### WHAT YOU NEED TO DO
Give back the lines of the records exactly, starting at the first and ending at the one with "(x : Node S".

Items from a data source
****************

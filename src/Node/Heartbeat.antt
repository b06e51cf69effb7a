-- ===== src/Node/Heartbeat.antt =====
-- swarm/node/node.go: the announcements that `Run` makes, by `RunWithTicker` of helper/timer/timer.go.
use juren_cluster.Prelude.{
  append_one, append_none, ◌≡◌, refl, ◌∙◌, Option, none, some, List, [], ◌∷◌, ◌++◌, map,
}
use juren_cluster.Outcome.{Result, ok, err, Error}
use juren_cluster.LevelDb.{Storage}
use juren_cluster.Protocol.{PeerAnnouncementMessage}
use juren_cluster.Timer.{done, tick, returned, run_with_ticker}
use juren_cluster.Timer.Laws.{fold, run_with_ticker-fold}
use juren_cluster.Node.{Node}
use juren_cluster.Node.Handlers.{announcement, publish_peer_announcement}

abbrev written : Option Error → Result (Unit {0})
written none = ok tt
written (some e) = err e

module _ (S : Storage) where
  -- At a tick there are the node, and the error of publishing, if any. The state is what `Publish`
  -- was given so far.
  unfoldable pub announce :
      Node S × Option Error
      → List PeerAnnouncementMessage
      → List PeerAnnouncementMessage × Result (Unit {0})
  announce (n, e) sent =
      publish_peer_announcement S (λ msg given. (given ++ msg ∷ [], written e)) n sent

  abbrev with_announcement :
      Node S × Option Error → List PeerAnnouncementMessage → List PeerAnnouncementMessage
  with_announcement (n, e) sent = sent ++ announcement S n ∷ []

  announce-succeeds :
      (x : Node S × Option Error) (sent : List PeerAnnouncementMessage)
      → announce x sent ≡ (with_announcement x sent, ok tt)
  unfolding announce publish_peer_announcement
  announce-succeeds (n, none) sent = refl
  announce-succeeds (n, some e) sent = refl

  abbrev pub announcements : List (Node S × Option Error) → List PeerAnnouncementMessage
  announcements [] = []
  announcements ((n, e) ∷ xs) = announcement S n ∷ announcements xs

  fold-announcements :
      (sent : List PeerAnnouncementMessage) (xs : List (Node S × Option Error))
      → fold with_announcement sent xs ≡ sent ++ announcements xs
  fold-announcements sent [] = append_none sent
  fold-announcements sent ((n, e) ∷ xs) =
      fold-announcements (sent ++ announcement S n ∷ []) xs
      ∙ append_one sent (announcement S n) (announcements xs)

  -- Up to the end of its context, the loop of `RunWithTicker` over `publishPeerAnnouncement`
  -- gives `Publish` one announcement at each tick, that of the node as it is then, whether or
  -- not publishing succeeds, and then ends with the error of the context.
  pub run_with_ticker-announcements :
      (e : Error) (xs : List (Node S × Option Error))
      → run_with_ticker announce [] (map tick xs ++ done e ∷ []) ≡ (announcements xs, returned e)
  run_with_ticker-announcements e xs =
      run_with_ticker-fold announce with_announcement announce-succeeds e [] xs
      ∙ rw (fold-announcements [] xs)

****************

### YOUR RESPONSE
filename src/Node/Heartbeat.antt
repository b06e51cf69effb7a
-- ===== src/Node/Heartbeat.antt =====
-- swarm/node/node.go: the announcements that `Run` makes, by `RunWithTicker` of helper/timer/timer.go.
use juren_cluster.Prelude.{
  append_one, append_none, ◌≡◌, refl, ◌∙◌, Option, none, some, List, [], ◌∷◌, ◌++◌, map,
}
use juren_cluster.Outcome.{Result, ok, err, Error}
use juren_cluster.LevelDb.{Storage}
use juren_cluster.Protocol.{PeerAnnouncementMessage}
use juren_cluster.Timer.{done, tick, returned, run_with_ticker}
use juren_cluster.Timer.Laws.{fold, run_with_ticker-fold}
use juren_cluster.Node.{Node}
use juren_cluster.Node.Handlers.{announcement, publish_peer_announcement}

abbrev written : Option Error → Result (Unit {0})
written none = ok tt
written (some e) = err e

module _ (S : Storage) where
  -- At a tick there are the node, and the error of publishing, if any. The state is what `Publish`
  -- was given so far.
  unfoldable pub announce :
      Node S × Option Error
      → List PeerAnnouncementMessage
      → List PeerAnnouncementMessage × Result (Unit {0})
  announce (n, e) sent =
      publish_peer_announcement S (λ msg given. (given ++ msg ∷ [], written e)) n sent

  abbrev with_announcement :
      Node S × Option Error → List PeerAnnouncementMessage → List PeerAnnouncementMessage
  with_announcement (n, e) sent = sent ++ announcement S n ∷ []

  announce-succeeds :
      (x : Node S × Option Error) (sent : List PeerAnnouncementMessage)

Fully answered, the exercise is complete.